For the best model(s), you should then go on to visualize the fit relative to the data (and report model results in the text).

To visualize the admissions data and mean fits from models 2 and 3 (which have
approximately equal AIC weight), we can use `ggplot2`

and `augment`

from broom
(which adds model predictions and statistics to the data).
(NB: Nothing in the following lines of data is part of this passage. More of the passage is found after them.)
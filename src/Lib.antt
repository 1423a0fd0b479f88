-- ===== src/Lib.antt =====
-- The bhumi relay network: devices that sit behind a relay, and clients that send them messages
-- through it without naming themselves. A device gives the relay its commits, the hashes of
-- preimages that it has issued. A client sends with a preimage; the relay delivers the message if the
-- preimage's hash is one of the recipient's commits, uses the commit up, and carries the answer back.
--
-- The parts, and where they are modelled:
--
-- Base: results that may panic, lists over native numbers, association maps and sets as lists.
--
-- Proto, of bhumi-proto/src/lib.rs: a module for each message, with `to_bytes` and `from_bytes` as
-- in the code (Hello, IAm with Responses, Send, Deliver, Ack, SendResult, UpdateCommits with Commits,
-- HandshakeInit, HandshakeComplete, DeviceMessage, DeviceMessageResponse); Frame for `Frame` and
-- `async_io`, with Frame/Stream for what holds of a stream. Buffer has the reads of a slice, each of
-- which panics where the slice of the code does, and the casts `as u16` and `as u32`, which wrap.
--
-- Relay/Router, of bhumi-relay/src/router.rs: `Router` as a record. Each critical section of an
-- asynchronous method, from taking a lock to giving it back, is a function on the state: `check_cache`,
-- `claim`, `add_pending` and `drop_pending` are those of `route_message`, which composes them.
-- Relay/Router/Commits and Relay/Router/Ids interleave the critical sections of many tasks.
-- Relay/Router/Ledger is the abstract view of the devices, as functions without lists.
--
-- Relay/Session, of bhumi-relay/src/session.rs: `handle_frame` with its handlers, and the loop of `run`
-- over the sequence of inputs that `select!` gives it.
--
-- Node/State, of bhumi-node/src/state.rs: invites, pending peers, peers, and their preimages, with
-- Node/State/Stored for the file that keeps them and Node/State/Serde for the records in it.
-- Node/Connection, of bhumi-node/src/connection.rs, over the bytes of the stream. Node/Core,
-- Node/Command, Node/Server and Node/Client, of bhumi-node/src/node.rs and bhumi-node/src/lib.rs: the
-- node, the dispatch of commands, `run`, and `pair` and `send`. Node/Connection/Handshake,
-- Node/Connection/Exchange, Node/Invitation and Node/Exchange put two sides of the protocol together.
--
-- Network: a command through all of it, the session of bhumi-relay/src/session.rs with its router
-- between the client and the server side of bhumi-node/src/node.rs. Network/Ready says when a node can
-- send to another, Network/Holds what the relay needs for that, Network/Round is the device's side and
-- the relay's, and Network/Command adds the sender's `send` and its session.
--
-- Esp, of examples/esp32-smart-switch/src: Nvs is the flash storage; State, of state.rs, the device with
-- its invites and peers; Switch, of switch.rs, the commands and the light; Connection, of connection.rs;
-- Run and Wifi, of main.rs, the start, the rounds of `run_connection` and the wait for WiFi; Ble, of
-- ble.rs, what a BLE client writes and what it brings about, with Provision for the start after it. The
-- two handles of the storage are one value, that of the device. Mcu, of bhumi-mcu/src/ble.rs and
-- bhumi-proto/src/ble.rs: the BLE commands and which of them a device allows.
--
-- Id52, of fastn-id52/src/keys.rs and errors.rs: public keys, secret keys and signatures by their bytes,
-- with the texts that are written and read.
--
-- What is taken from outside, as parameters: the hash, the ed25519 checks and signatures, base64, hex
-- and base32, and JSON. The storage of the switch is a record of its
-- operations, with what is documented of it as laws on a view of its keys; so are ed25519 and the
-- encodings of Id52. Random bytes, the time, what a channel says of itself, and what other tasks do
-- during a wait are arguments of the functions that use them.
--
-- Numbers: a `u32` id wraps at 2 ^ 32; a `usize` is a number without a bound, as a 64-bit one is for
-- buffers that fit a memory. On the ESP32 it has 32 bits: the switch decodes a delivery by
-- `from_bytes_32` of Proto/Deliver, whose sums wrap (Proto/Narrow); its other sizes stay far below the
-- bound. A handler of an application's command may change the state that it shares with the
-- application; the model gives that state back. A String is its bytes. No loop needs fuel: each runs over a list that it is
-- given, of inputs or of moments, or over a count.
--
-- Not modelled: sockets, files, the system keyring and logging; JSON itself; the numbers in the texts
-- of errors; the relay's accept loop; the drivers of the switch's peripherals, its Bluetooth and its
-- WiFi; the traits of bhumi-mcu; the bhumi-hub, bhumi-kaya and bhumi-ble-controller crates; and the other
-- examples.
pub mod Base
pub mod Proto
pub mod Relay
pub mod Node
pub mod Network
pub mod Mcu
pub mod Esp
pub mod Id52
To provide model-averaged predictions is a bit more work:

```
m3.pred <- broom::augment(m3)
m2.pred <- broom::augment(m2)
m2.weight <- reported.table[2, "weight"]
m3.weight <- reported.table[3, "weight"]
mavg.pred <- m2.weight$weight * m2.pred[ , -(1:2)] + m3.weight$weight * m3.pred[ , -(1:3)]
mavg.pred <- cbind(m3.pred[1:3], mavg.pred)
library(ggplot2)
ggplot(d) +
geom_point(aes(Dept, Admitted / (Admitted + Rejected), color=Gender,
size=Admitted + Rejected),
position = position_dodge(width = 0.5)) +
geom_pointrange(aes(Dept, plogis(.fitted),
ymin = plogis(.fitted - 2 * .se.fit),
ymax = plogis(.fitted + 2 * .se.fit),
shape=Gender),
position=position_dodge(width = 0.5), data =mavg.pred, alpha=0.4) +
theme_minimal() + scale_color_manual(values=c("blue", "orange"))
```

Admissions (colored dots, size indicates total applicants) versus department
from UCB Admissions data (included in `R`

), and averaged predictions (means \(\pm\) 2 SE)
from model 2 (department only) and model 3 (department and gender), with
averaging by AIC weight.

#### Simpson’s paradox

Comparing model 3 with model 1 illustrates Simpson’s paradox. Without accounting for department, the apparent effect of female gender on admission is negative (female odds relative to male 0.543, \(p \approx 0\)), whereas after accounting for department, the (within-department) effect is positive (but weak: female odds relative to male 1.105, \(p \approx\) 0.22).